§ Study material:
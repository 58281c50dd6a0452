-- ===== src/Sync/Draining.antt =====
-- How the goroutines end.
use mathlib.Core.Path.{subst}
use mirador_core.Prelude.{
  ℕ, zero, suc, ◌+◌, ◌<◌, ◌≡◌, refl, ◌∙◌, ◌⊎◌, inl, inr, Bool, true, false, some, List, [], ◌∷◌,
  length, arith,
}
use mirador_core.Prelude.Int.{pos}
use mirador_core.Sync.Defs.{
  IndexedKpi, Decoder, Repository, KpiStore, Worker, list_kpis, stop, record_success, record_error,
}
use mirador_core.Sync.Loop.{
  begins, reads, writes, Task, cycle, waits, Shared, System, after_cycle, Move, read, listed,
  not_listed, write, recorded, on_stop, on_cancel, Advance, advance, Tick, ticked,
}
use mirador_core.Sync.Counting.{tally, tally-among, tally-middle, stop_lem}

-- The steps of a goroutine up to the answer of the repository, and those after it, which depend on
-- the answer.
abbrev ahead : Task → ℕ
ahead (cycle p begins) = 2
ahead (cycle p (reads since)) = 1
ahead _ = 0

abbrev left : Task → ℕ
left (cycle p (writes n ks)) = length ks + 2
left waits = 1
left _ = 0

List-cases : (ts : List Task) → (ts ≡ []) ⊎ ((t : Task) × (r : List Task) × (ts ≡ t ∷ r))
List-cases [] = inl refl
List-cases (t ∷ r) = inr (t, r, refl)

after_cycle-ahead : (p : Bool) → tally ahead (after_cycle p) ≡ 0
unfolding after_cycle
after_cycle-ahead true = omega arith
after_cycle-ahead false = omega arith

after_cycle-left : (p : Bool) → tally left (after_cycle p) < 2
unfolding after_cycle
after_cycle-left true = omega arith
after_cycle-left false = omega arith

-- The repository that has nothing new.
abbrev nothing_new : {E : Type 0} → Repository E
nothing_new = record { list_updated_since = λ _. inr []; list_all = inr [] }

nothing_new_lem : {E : Type 0} (w : Worker E) → list_kpis nothing_new w ≡ inr []
unfolding list_kpis
nothing_new_lem w = ground arith

module _ {Query Thresholds E S : Type 0} (d : Decoder Query Thresholds)
    (weaviate : KpiStore E S (IndexedKpi Query Thresholds)) where
  -- Stop was signalled, or the context is done.
  abbrev pub IsSignalled : System E S → Type 0
  IsSignalled sys = (sys.shared.worker.stop_closed ≡ true) ⊎ (sys.shared.cancelled ≡ true)

  -- Every run in which loops take at most `k` further ticks, and that goes on as long as a goroutine
  -- can, ends with no goroutine left: as long as there is one, one can go on, and there is no
  -- infinite such run.
  pub data Drains : ℕ → System E S → Type 0 where
    drained : {k : ℕ} {sys : System E S} → sys.tasks ≡ [] → Drains k sys
    draining :
        {k : ℕ} {sys : System E S}
        → ((after : System E S) × Advance d weaviate sys after)
        → ((after : System E S) → Advance d weaviate sys after → Drains k after)
        → ((j : ℕ) (after : System E S) → k ≡ suc j → Tick d weaviate sys after → Drains j after)
        → Drains k sys

  -- What a step of a goroutine does to the measure: it lowers what is ahead, or keeps it and lowers
  -- what is left.
  Move-measure :
      {sh sh' : Shared E S} {t : Task} {ts : List Task}
      → Move d weaviate sh t sh' ts
      → (tally ahead ts < ahead t) ⊎ ((tally ahead ts ≡ ahead t) × (tally left ts < left t))
  Move-measure read = inl (omega arith)
  Move-measure (listed repo ks h) = inl (omega arith)
  Move-measure (not_listed {p = p} repo err h) = inl (omega (arith, after_cycle-ahead p))
  Move-measure write = inr (omega arith, omega arith)
  Move-measure (recorded {p = p} now) = inr (after_cycle-ahead p, omega (arith, after_cycle-left p))
  Move-measure (on_stop h) = inr (refl, omega arith)
  Move-measure (on_cancel h) = inr (refl, omega arith)

  Move-signals :
      {sh sh' : Shared E S} {t : Task} {ts : List Task}
      → Move d weaviate sh t sh' ts
      → (sh'.worker.stop_closed ≡ sh.worker.stop_closed) × (sh'.cancelled ≡ sh.cancelled)
  unfolding record_success record_error
  Move-signals read = (refl, refl)
  Move-signals (listed repo ks h) = (refl, refl)
  Move-signals (not_listed repo err h) = (refl, refl)
  Move-signals write = (refl, refl)
  Move-signals (recorded now) = (refl, refl)
  Move-signals (on_stop h) = (refl, refl)
  Move-signals (on_cancel h) = (refl, refl)

  Advance-IsSignalled :
      {sys after : System E S} → Advance d weaviate sys after → IsSignalled sys → IsSignalled after
  Advance-IsSignalled (advance before after e m) (inl closed) = inl ((Move-signals m).0 ∙ closed)
  Advance-IsSignalled (advance before after e m) (inr on) = inr ((Move-signals m).1 ∙ on)

  Tick-IsSignalled :
      {sys after : System E S} → Tick d weaviate sys after → IsSignalled sys → IsSignalled after
  Tick-IsSignalled (ticked before after e) signalled = signalled

  Advance-measure :
      {sys after : System E S}
      → Advance d weaviate sys after
      → (tally ahead after.tasks < tally ahead sys.tasks)
        ⊎ ((tally ahead after.tasks ≡ tally ahead sys.tasks)
            × (tally left after.tasks < tally left sys.tasks))
  Advance-measure (advance before after {t} {sh} {ts} e m) =
      let a = tally-among ahead before ts after in
      let a' = tally-middle ahead before t after e in
      let b = tally-among left before ts after in
      let b' = tally-middle left before t after e in
      elim (Move-measure m) [
        | inl fewer ↦ inl (omega (arith, a, a', fewer))
        | inr (same, fewer) ↦ inr (omega (arith, a, a', same), omega (arith, b, b', fewer))
      ]

  -- Once signalled, a goroutine can go on.
  goes_on :
      (sys : System E S) (t : Task) (ts : List Task)
      → sys.tasks ≡ t ∷ ts
      → IsSignalled sys
      → (after : System E S) × Advance d weaviate sys after
  goes_on sys (cycle p begins) ts e signalled = (_, advance [] ts e read)
  goes_on sys (cycle p (reads since)) ts e signalled =
      (_, advance [] ts e (listed nothing_new [] (nothing_new_lem _)))
  goes_on sys (cycle p (writes n [])) ts e signalled = (_, advance [] ts e (recorded (pos 0)))
  goes_on sys (cycle p (writes n (k ∷ ks))) ts e signalled = (_, advance [] ts e write)
  goes_on sys waits ts e (inl closed) = (_, advance [] ts e (on_stop closed))
  goes_on sys waits ts e (inr on) = (_, advance [] ts e (on_cancel on))

  -- The ticks aside, by what is ahead and what is left.
  drain_within :
      (k a b : ℕ)
      → ((j : ℕ) (sys : System E S) → k ≡ suc j → IsSignalled sys → Drains j sys)
      → (sys : System E S) → IsSignalled sys
      → tally ahead sys.tasks < a
      → tally left sys.tasks < b
      → Drains k sys
  drain_within k zero b after_tick sys signalled small few = absurd (omega arith)
  drain_within k (suc a) zero after_tick sys signalled small few = absurd (omega arith)
  drain_within k (suc a) (suc b) after_tick sys signalled small few = elim (List-cases sys.tasks) [
    | inl empty ↦ drained empty
    | inr (t, ts, e) ↦
        draining (goes_on sys t ts e signalled)
          (λ after step. elim (Advance-measure step) [
            | inl fewer ↦
                drain_within k a (suc (tally left after.tasks)) after_tick after
                  (Advance-IsSignalled step signalled) (omega arith) (omega arith)
            | inr (same, fewer) ↦
                drain_within k (suc a) b after_tick after (Advance-IsSignalled step signalled)
                  (omega arith) (omega arith)
          ])
          (λ j after e' tick. after_tick j after e' (Tick-IsSignalled tick signalled))
  ]

  -- From a signal on, however often a tick still wins, every goroutine ends.
  pub IsSignalled-Drains : (k : ℕ) (sys : System E S) → IsSignalled sys → Drains k sys
  IsSignalled-Drains zero sys signalled =
      drain_within 0 (suc (tally ahead sys.tasks)) (suc (tally left sys.tasks))
        (λ j after e s. absurd (omega arith)) sys signalled (omega arith) (omega arith)
  IsSignalled-Drains (suc k) sys signalled =
      drain_within (suc k) (suc (tally ahead sys.tasks)) (suc (tally left sys.tasks))
        (λ j after e s. subst (λ i. Drains i after) (omega arith) (IsSignalled-Drains k after s))
        sys signalled (omega arith) (omega arith)

  -- After a `Stop` that returns to a worker that was running, however often a tick still wins, every
  -- run of the goroutines ends with none left.
  pub stop-Drains :
      (k : ℕ) (sys : System E S) (w : Worker E)
      → sys.shared.worker.running ≡ true
      → stop sys.shared.worker ≡ some w
      → Drains k (record sys { shared = record sys.shared { worker = w } })
  stop-Drains k sys w ran h = elim (stop_lem sys.shared.worker w h) [
    | inl (idle, same) ↦ absurd (ground arith)
    | inr (closed, on) ↦ IsSignalled-Drains k _ (inl closed)
  ]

§ Aim of the exercise: Select from the material above each line in which the string "goroutines" appears, and list those lines.

§ Exercise output:
-- How the goroutines end.
  -- run of the goroutines ends with none left.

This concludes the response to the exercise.